Center for Geodata and Analysis, Faculty of Geographical Science, Beijing Normal University, Beijing 100875, China.
School of Hydraulic Engineering, Dalian University of Technology, Dalian 116024, China.
Sci Total Environ. 2023 Oct 1;893:164852. doi: 10.1016/j.scitotenv.2023.164852. Epub 2023 Jun 17.

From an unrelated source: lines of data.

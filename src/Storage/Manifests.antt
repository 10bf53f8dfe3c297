-- ===== src/Storage/Manifests.antt =====
-- registry/storage/manifeststore.go and its handlers, over the linked blob store of a repository's
-- manifests. JSON decoding and the handler of signed manifests are parameters; no descriptor cache
-- stands before the blob store.
pub mod Stored
pub mod Marshalled
pub mod Fetched
pub mod Backed
pub mod Kept
pub mod Complete
use container_registry.Prelude.{
  ℕ, ◌==◌, nat_eq, Bool, true, false, not, ◌&&◌, ◌||◌, if◌then◌else◌, Result, ok, err, List, ◌∷◌,
  [], ◌++◌, Option, some, none, ◌≡◌,
}
use container_registry.Prelude.Bytes.{Bytes, codes, bytes_eq}
use container_registry.Offline.Tags.{Digest}
use container_registry.Vacuum.{DigestText}
use container_registry.Storage.Paths.{DigestParts}
use container_registry.Storage.Driver.{Driver}
use container_registry.Storage.Stores.{
  StoreError, blob_unknown, Descriptor, Written, LinkPath, stat_linked, get_linked, put_linked,
  delete_linked, blob_link_path, manifest_revision_link_path,
}
use container_registry.Storage.Validation.{
  Reference, ManifestUrls, OciTypes, Lookups, ManifestError, schema2_manifest, check_schema2,
  check_oci, check_listed, validate_with,
}
use container_registry.Storage.Formats.{
  AnyManifest, ImageFields, ImageManifest, Json, ListFields, ManifestList, ServiceError, as_list,
  as_oci, as_schema2, decoded_list, decoded_oci, decoded_schema2, image_references,
  index_references, invalid, list_of, manifest_list, manifest_unknown_revision, oci, or_empty,
  other, panicked, schema1_unsupported, schema2, signed, store_failed, unmarshal_failed,
  unmarshal_list, unmarshal_oci, unmarshal_schema2, unrecognized_content, unrecognized_schema,
  unrecognized_type, wrong_media_type,
}

-- the `manifestStore` of a repository
pub record ManifestStore : Type 0 where
  pub name : Bytes
  pub skip_dependency_verification : Bool
  pub urls : ManifestUrls
  pub oci_types : OciTypes
  pub json : Json

-- `ManifestHandler`, for signed manifests
pub record SignedHandler (Disk : Type 0) : Type 0 where
  pub unmarshal : Digest → Bytes → Result ServiceError AnyManifest
  pub put : Bytes → Bool → Disk → Result ServiceError Digest × Disk

-- `v1UnsupportedHandler`
unfoldable pub v1_unsupported : {Disk : Type 0} → Bool → SignedHandler Disk → SignedHandler Disk
v1_unsupported pulls_disabled inner = record {
  unmarshal = λ d c. if pulls_disabled then err schema1_unsupported else inner.unmarshal d c;
  put = λ c skip s. (err schema1_unsupported, s);
}

-- Content without a media type: an image index if it has a list, or else an image. The index is
-- asserted to be one before the error is looked at, which panics if there is none.
abbrev pub list_or_image :
    Option (List Reference)
    → ManifestList
    → Result ServiceError AnyManifest
    → Result ServiceError AnyManifest
list_or_image (some refs) m image = ok (list_of m)
list_or_image none m image = image

abbrev pub guess :
    Result ServiceError ManifestList
    → Result ServiceError AnyManifest
    → Result ServiceError AnyManifest
guess (err e) image = err panicked
guess (ok m) image = list_or_image m.fields.manifests m image

module _ (t : DigestText) (p : DigestParts t) (v : Driver) (m : ManifestStore) where
  -- `manifestLinkPathFns`
  abbrev pub manifest_link_paths : List LinkPath
  manifest_link_paths = manifest_revision_link_path t p v ∷ blob_link_path t p v ∷ []

  abbrev pub is_described : Result StoreError Descriptor → Result StoreError Bool
  is_described (ok desc) = ok true
  is_described (err blob_unknown) = ok false
  is_described (err e) = err e

  -- `Exists`
  unfoldable pub manifest_exists : Digest → v.Disk → Result StoreError Bool
  manifest_exists d s = is_described (stat_linked t p v manifest_link_paths m.name d s)

  -- what the validators ask of the repository
  abbrev pub lookups : v.Disk → Lookups
  lookups s = record {
    exists = λ d. manifest_exists d s;
    stat = λ d. stat_linked t p v (blob_link_path t p v ∷ []) m.name d s;
  }

  -- `verifyManifest` of the three handlers
  unfoldable pub verify_schema2 : ImageFields → v.Disk → Option ManifestError
  verify_schema2 f s =
      validate_with (check_schema2 m.urls (lookups s)) f.schema_version
        m.skip_dependency_verification (image_references f)

  unfoldable pub verify_oci : ImageFields → v.Disk → Option ManifestError
  verify_oci f s =
      validate_with (check_oci m.oci_types m.urls (lookups s)) f.schema_version
        m.skip_dependency_verification (image_references f)

  unfoldable pub verify_list : ListFields → v.Disk → Option ManifestError
  verify_list f s =
      validate_with (check_listed (lookups s)) f.schema_version m.skip_dependency_verification
        (index_references f)

  abbrev pub revision_of :
      Result StoreError Descriptor × v.Disk → Result ServiceError Digest × v.Disk
  revision_of (ok desc, s) = (ok desc.digest, s)
  revision_of (err e, s) = (err (store_failed e), s)

  -- `Put` of a handler, behind its verification
  unfoldable pub put_verified :
      Option ManifestError → Bytes → v.Disk → Result ServiceError Digest × v.Disk
  put_verified (some e) content s = (err (invalid e), s)
  put_verified none content s =
      revision_of (put_linked t p v (manifest_revision_link_path t p v) m.name content s)

  -- `Put`
  unfoldable pub put_manifest :
      SignedHandler v.Disk → AnyManifest → v.Disk → Result ServiceError Digest × v.Disk
  put_manifest h (signed c) s = h.put c m.skip_dependency_verification s
  put_manifest h (schema2 x) s = put_verified (verify_schema2 x.fields s) x.canonical s
  put_manifest h (oci x) s = put_verified (verify_oci x.fields s) x.canonical s
  put_manifest h (list_of x) s = put_verified (verify_list x.fields s) x.canonical s
  put_manifest h other s = (err unrecognized_type, s)

  -- the inner `switch` of `Get`, over the media type
  unfoldable pub unmarshal_by_type : Bytes → Bytes → Result ServiceError AnyManifest
  unmarshal_by_type media_type c =
      if media_type == schema2_manifest
      then as_schema2 (unmarshal_schema2 m.json c)
      else if media_type == m.oci_types.image_manifest
      then as_oci (unmarshal_oci m.oci_types m.json c)
      else if media_type == manifest_list || media_type == m.oci_types.image_index
      then as_list (unmarshal_list m.json c)
      else if media_type == []
      then guess (unmarshal_list m.json c) (as_oci (unmarshal_oci m.oci_types m.json c))
      else err unrecognized_content

  -- the outer `switch`, over the version
  abbrev pub unmarshal_content :
      SignedHandler v.Disk → Digest → Bytes → Option (ℕ × Bytes) → Result ServiceError AnyManifest
  unmarshal_content h d c none = err unmarshal_failed
  unmarshal_content h d c (some (version, media_type)) =
      if version == 1
      then h.unmarshal d c
      else if version == 2
      then unmarshal_by_type media_type c
      else err (unrecognized_schema version)

  abbrev pub with_content :
      SignedHandler v.Disk → Digest → Result StoreError Bytes → Result ServiceError AnyManifest
  with_content h d (err blob_unknown) = err manifest_unknown_revision
  with_content h d (err e) = err (store_failed e)
  with_content h d (ok c) = unmarshal_content h d c (m.json.versioned c)

  -- `Get`
  unfoldable pub get_manifest :
      SignedHandler v.Disk → Digest → v.Disk → Result ServiceError AnyManifest
  get_manifest h d s = with_content h d (get_linked t p v manifest_link_paths m.name d s)

  -- `Delete`
  unfoldable pub delete_manifest : Bool → Digest → v.Disk → Written v.Disk
  delete_manifest enabled d s = delete_linked t p v enabled manifest_link_paths m.name d s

The assessment of flood risk and resilience has become increasingly important in recent years for effective urban flood management. While flood resilience and risk are two distinct concepts with unique assessment metrics, there is lack of quantitative analysis and understanding of the relationship between them. This study aims to investigate this relationship at the grid cell level in urban areas. To assess flood resilience for high-resolution grid cells, this study proposes a performance-based flood resilience metric, which is calculated using the system performance curve based on flood duration and magnitude. Flood risk is calculated as the product of maximum flood depth and probability, considering multiple storm events. The case study of Waterloo in London, UK is analyzed using a two-dimensional cellular automata-based model CADDIES, which consists of 2.7 million grid cells (5 m × 5 m). The results indicate that over 2 % of grid cells have risk values exceeding 1. Furthermore, there is a 5 % difference in resilience values below 0.8 between the 200-year and 2000-year design rainfall events, specifically 4 % for the former and 9 % for the latter. Additionally, the results reveal a complex relationship between flood risk and resilience, though decreasing flood resilience generally leads to increasing flood risk. However, this relationship varies depending on the land cover type, with building, green land, and water body cells showing higher resilience for the same level of flood risk compared to other land uses such as roads and railways. Classifying urban areas into four categories, including high risk vs. low resilience, high risk vs. high resilience, low risk vs. low resilience, and low risk vs. high resilience, is crucial in identifying flood hotspots for intervention development. In conclusion, this study provides an in-depth understanding of the relationship between risk and resilience in urban flooding, which could help improve urban flood management. The proposed performance-based flood resilience metric and the findings from the case study of Waterloo in London could be valuable for decision-makers in developing effective flood management strategies in urban areas.
近年来,洪水风险评估和韧性已成为有效城市洪水管理的重要内容。尽管洪水韧性和风险是两个具有独特评估指标的截然不同的概念,但对于它们之间的关系缺乏定量分析和理解。本研究旨在在城市地区的网格单元层面上研究这种关系。为了评估高分辨率网格单元的洪水韧性,本研究提出了一种基于性能的洪水韧性指标,该指标是根据洪水持续时间和规模的系统性能曲线计算得出的。洪水风险被计算为最大洪水深度和概率的乘积,同时考虑了多个风暴事件。使用基于二维元胞自动机的模型 CADDIES 对英国伦敦滑铁卢的案例进行了分析,该模型由 270 万个网格单元(5m×5m)组成。结果表明,超过 2%的网格单元的风险值超过 1。此外,在 200 年和 2000 年设计降雨事件下,韧性值低于 0.8 的网格单元之间存在 5%的差异,具体而言,前者为 4%,后者为 9%。此外,研究结果揭示了洪水风险和韧性之间的复杂关系,尽管洪水韧性降低通常会导致洪水风险增加。然而,这种关系因土地覆盖类型而异,与道路和铁路等其他土地利用方式相比,建筑物、绿地和水体单元在相同的洪水风险水平下具有更高的韧性。将城市区域分为高风险与低韧性、高风险与高韧性、低风险与低韧性以及低风险与高韧性四类,对于确定干预发展的洪水热点至关重要。总之,本研究深入了解了城市洪水风险和韧性之间的关系,这有助于改善城市洪水管理。提出的基于性能的洪水韧性指标以及对伦敦滑铁卢案例的研究结果,可为决策者在城市地区制定有效的洪水管理策略提供有价值的参考。